Odpowiedź jest oczywista – nie. Żaden właściciel starszego samochodu go nie wyrzuci. Takie samochody będą wypuszczały swoje spaliny na przedmieściach, ewentualnie trafią na prowincję lub „po taniości” do krajów, które takich przepisów nie wprowadzają. Globalna emisja spalin i jej wpływ na „ocalenie planety” nic a nic się nie zmieni.
Dobrym przykładem jest u Francja, która ostatnio we wprowadzaniu stref zakazu wjazdu dla starszych samochodów mocno przyspiesza. To trochę ból głowy dla ich właścicieli. Niektórzy sięgają po możliwość rejestracji swojego Peugeota, czy Renault jako pojazdu kolekcjonerskiego i przy okazji korzystają ze zwolnienia z podatku. Są i tacy, którzy rejestrują swoje auta w innych krajach, często także w Polsce.
Inni po prostu łamią nowe przepisy. Nie wymuszają one zakupu nowych aut, bo po prostu większości użytkowników na to nie stać, a „elektryki” nawet z dotacjami są luksusową zabawką dla osób bogatszych. Tymczasem od 1 stycznia 2025 r. ruch pojazdów „najbardziej zanieczyszczających środowisko” został na nowo „uregulowany” w około trzydziestu metropoliach we Francji.
Wprowadzenie stref niskiej emisji po 1 stycznia 2025 r. dotyczy aż 30 nowych obszarów miejskich liczących ponad 150 000 mieszkańców. Wśród miast, które już podjęły takie środki wcześniej są Lyon, Grenoble, Paryż czy Montpellier, ale i tu zasady uległy zmianie. Od początku tego roku kierowcy samochodów oznaczonych naklejką „Crit’Air 3” nie mogą wjeżdżać do centrów miast.
Dotyczy to właścicieli pojazdów z silnikiem Diesla zarejestrowanych w latach 2006–2010, samochodów benzynowych zarejestrowanych w latach 1997–2005 oraz mechanicznych jednośladów rejestrowanych w latach 2004–2006.
Media francuskie wspominają o depresji wielu kierowców.
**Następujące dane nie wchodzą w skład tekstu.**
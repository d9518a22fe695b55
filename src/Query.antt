-- ===== src/Query.antt =====
-- src/query: the questions that the gateway answers.
pub mod Params
pub mod Links
pub mod Path
pub mod Reports
pub mod Boards
pub mod Redis
pub mod Gateway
Niektórzy wykazują się właśnie pomysłowością, inni rezygnacją, ale i pojawia się i bunt. Podobnie jest w Polsce, gdzie ostatnio w Krakowie trzeba było przedłużać w tej sprawie „konsultacje, bo „strefy wykluczenia kierowców” napotykają na społeczny opór.
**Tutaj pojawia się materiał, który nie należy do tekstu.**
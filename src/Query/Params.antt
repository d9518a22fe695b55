-- ===== src/Query/Params.antt =====
-- src/query/query_params.cpp and inc/query/query_params.hpp: the parameters of a listing, and pages.
-- The request is the function that gives a parameter's text, empty where the request has none
-- (`param`).
pub mod Pages
use mathlib.Core.Option
use cdr_processor.Constants.{sort_dur, sort_sms}
use cdr_processor.Base.{
  ℕ, ◌+◌, ◌-◌, ◌==◌, min, Bool, true, false, ◌&&◌, not, Option, none, some, List, [], ◌∷◌, Bytes,
  codes, text_eq, length, take, drop, ltb, leb, if◌then◌else◌, ◌>>=◌,
}
use cdr_processor.Charconv.{from_chars}

pub data Sort : Type 0 where
  duration sms : Sort

pub record QueryParams : Type 0 where
  pub weights : Bool
  pub sort : Sort
  pub offset : ℕ
  pub limit : ℕ

-- `count_of`: the whole text as a count.
unfoldable pub count_of : Bytes → Option ℕ
unfolding from_chars
count_of text = from_chars text >>= λ (value, rest). if length rest == 0 then some value else none

-- `parseParams`: the parameters, or the name of the one that is refused with 400.
pub data Parsed : Type 0 where
  params : QueryParams → Parsed
  refused : Bytes → Parsed

abbrev pub is_empty : Bytes → Bool
is_empty text = length text == 0

-- A count that a parameter gives, or its default where the request has none.
unfoldable pub count_or : ℕ → Bytes → Option ℕ
unfolding count_of
count_or fallback text = if is_empty text then some fallback else count_of text

unfoldable pub parse_params : (Bytes → Bytes) → ℕ → ℕ → Parsed
unfolding count_or
parse_params param fallback cap =
    let weights = param (codes "weights") in
    let sort = param (codes "sort") in
    let ordered = if text_eq sort sort_sms then sms else duration in
    let bad_weights =
      not (is_empty weights)
      && (not (text_eq weights (codes "0")) && not (text_eq weights (codes "1"))) in
    let bad_sort =
      not (is_empty sort) && (not (text_eq sort sort_dur) && not (text_eq sort sort_sms)) in
    if bad_weights
    then refused (codes "weights")
    else if bad_sort
    then refused (codes "sort")
    else elim (count_or 0 (param (codes "offset"))) [
      | none ↦ refused (codes "offset")
      | some offset ↦ elim (count_or fallback (param (codes "limit"))) [
        | none ↦ refused (codes "limit")
        | some limit ↦ params (record {
          weights = text_eq weights (codes "1");
          sort = ordered;
          offset = offset;
          limit = min limit cap;
        })
      ]
    ]

-- `page`
unfoldable pub page {ℓ} : {A : Type ℓ} → List A → QueryParams → List A
page all q =
    let left = length all - q.offset in
    if leb (length all) q.offset
    then []
    else take (if q.limit == 0 then left else min q.limit left) (drop q.offset all)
Konsultacje są internetowe, bo na bezpośrednich spotkaniach, urzędnicy miejscy słyszeli zbyt wiele dosadnych słów prawdy. Opór przynosi wyniki. W Krakowie padła nowa propozycja miasta, która wyłącza z zakazu wjazdu osoby niepełnosprawne oraz – do połowy 2030 roku – kierowców płacących podatki w Krakowie. Niespełniający warunków zwolnienia z rygorów strefy do końca pierwszego półrocza 2028 roku otrzymują „propozycję” wjazdu w cenie dwa i pół złotego za godzinę lub abonamentów. Dziennego za 20 złotych oraz miesięcznego, który miałby kosztować 500 złotych.
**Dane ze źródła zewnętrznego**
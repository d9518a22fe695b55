-- ===== src/Query/Links.antt =====
-- src/query/links.cpp and inc/query/iquery_store.hpp: the peers of a subscriber.
pub mod Order
pub mod Listed
use mathlib.Core.Option
use cdr_processor.Constants.{field_cnt_suffix, field_sms_suffix, link_prefix}
use cdr_processor.Base.{
  ℕ, ◌==◌, Bool, true, false, ◌&&◌, ◌||◌, not, Option, none, some, List, [], ◌∷◌, ◌++◌, map, foldl,
  Bytes, codes, text_eq, text_key, ltb, if◌then◌else◌, modify,
}
use cdr_processor.Charconv.{from_chars}
use cdr_processor.Query.Params.{Sort, duration, sms}

-- `IQueryStore`: `none` is a read that failed. The reads of one request see one state of the store.
pub record IQueryStore : Type 0 where
  pub hgetall : Bytes → Option (List (Bytes × Bytes))
  pub hkeys : Bytes → Option (List Bytes)
  pub hmget : Bytes → List Bytes → Option (List Bytes)
  pub dbsize : Option ℕ
  pub top : Bytes → ℕ → ℕ → Option (List (Bytes × ℕ) × ℕ)

-- `to_num`: 0 where the value does not parse.
unfoldable pub to_num : Bytes → ℕ
unfolding from_chars
to_num value = elim (from_chars value) [ none ↦ 0 | some (n, _) ↦ n ]

-- `link_key`
abbrev pub link_key : Bytes → Bytes
link_key msisdn = link_prefix ++ msisdn

-- What stands before the last colon and the text from it on, as `rfind` finds it.
unfoldable pub last_colon : Bytes → Option (Bytes × Bytes)
last_colon [] = none
last_colon (c ∷ s) =
    let here = if c == b':' then some ([], c ∷ s) else none in
    elim (last_colon s) [ none ↦ here | some (before, suffix) ↦ some (c ∷ before, suffix) ]

-- A field's name cut back to the peer.
unfoldable pub peer_name : Bytes → Bytes
unfolding last_colon
peer_name field = elim (last_colon field) [ none ↦ field | some (before, _) ↦ before ]

-- `operator<` of texts.
unfoldable pub text_lt : Bytes → Bytes → Bool
text_lt [] [] = false
text_lt [] (_ ∷ _) = true
text_lt (_ ∷ _) [] = false
text_lt (a ∷ s) (b ∷ t) = ltb a b || ((a == b) && text_lt s t)

-- `std::sort` by a strict order.
module _ {A : Type 0} (before : A → A → Bool) where
  unfoldable pub insert : A → List A → List A
  insert a [] = a ∷ []
  insert a (x ∷ xs) = if before x a then x ∷ insert a xs else a ∷ x ∷ xs

  unfoldable pub sort : List A → List A
  unfolding insert
  sort [] = []
  sort (x ∷ xs) = insert x (sort xs)

-- `std::unique` and `erase`: of equal neighbours the first stays.
unfoldable pub unique : List Bytes → List Bytes
unique [] = []
unique (x ∷ []) = x ∷ []
unique (x ∷ y ∷ xs) = if text_eq x y then unique (y ∷ xs) else x ∷ unique (y ∷ xs)

-- `link_peers`
unfoldable pub link_peers : IQueryStore → Bytes → Option (List Bytes)
unfolding peer_name text_lt sort unique
link_peers store msisdn =
    Option.map (λ fields. unique (sort text_lt (map peer_name fields)))
      (store.hkeys (link_key msisdn))

pub record Peer : Type 0 where
  pub msisdn : Bytes
  pub duration : ℕ
  pub sms : ℕ
  pub calls : ℕ

-- One field of a link put into the peer that it belongs to.
unfoldable pub weigh : Bytes → Bytes → Bytes → Peer → Peer
unfolding to_num
weigh name suffix value peer =
    if text_eq suffix field_sms_suffix
    then record peer { msisdn = name; sms = to_num value }
    else if text_eq suffix field_cnt_suffix
    then record peer { msisdn = name; calls = to_num value }
    else record peer { msisdn = name; duration = to_num value }

abbrev pub no_peer : Peer
no_peer = record { msisdn = []; duration = 0; sms = 0; calls = 0 }

-- One round of the loop of `link_weights`.
unfoldable pub weigh_field : List (Bytes × Peer) → Bytes × Bytes → List (Bytes × Peer)
unfolding last_colon weigh
weigh_field peers (field, value) = elim (last_colon field) [
  | none ↦ peers
  | some (name, suffix) ↦ modify no_peer (weigh name suffix value) name peers
]

-- `link_weights`, in the order in which the peers come first.
unfoldable pub link_weights : IQueryStore → Bytes → Option (List Peer)
unfolding weigh_field
link_weights store msisdn =
    Option.map (λ fields. map (λ e. e.1) (foldl weigh_field [] fields))
      (store.hgetall (link_key msisdn))

-- `primary` and `secondary`, the lambdas of `order_peers`.
unfoldable pub primary : Sort → Peer → ℕ
primary duration p = p.duration
primary sms p = p.sms

unfoldable pub secondary : Sort → Peer → ℕ
secondary duration p = p.sms
secondary sms p = p.duration

-- The comparison of `order_peers`.
unfoldable pub ranks_before : Sort → Peer → Peer → Bool
unfolding text_lt primary secondary
ranks_before by left right =
    if not (primary by left == primary by right)
    then ltb (primary by right) (primary by left)
    else if not (secondary by left == secondary by right)
    then ltb (secondary by right) (secondary by left)
    else text_lt left.msisdn right.msisdn

-- `order_peers`
unfoldable pub order_peers : List Peer → Sort → List Peer
unfolding ranks_before sort
order_peers peers by = sort (ranks_before by) peers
Przez trzy lata o rygory SCT nie obowiązywałyby organizacji charytatywnych oraz aut należących do parafii i archidiecezji. Wymagania dla innych aut osobowych z silnikiem benzynowym (w tym LPG) to rok produkcji przynajmniej 2005 albo spełniony wymóg normy emisji nie niższej niż Euro 4. Dla diesli to, odpowiednio, minimum 2014 rok produkcji albo minimum norma emisji Euro 6. Od 1 lipca 2030 r. wymagania dla diesli zostaną zaostrzone. Wymagany będzie minimum rok produkcji 2018 albo norma emisji Euro 6dT.
W Polsce rząd docelowo wytypował do wprowadzenia SCT z powodu nadmiernych emisji aż 37 miast powyżej 100 tysięcy mieszkańców. Podobno decyzję oparł na danych z zaledwie 18 czujników działających w całym systemie.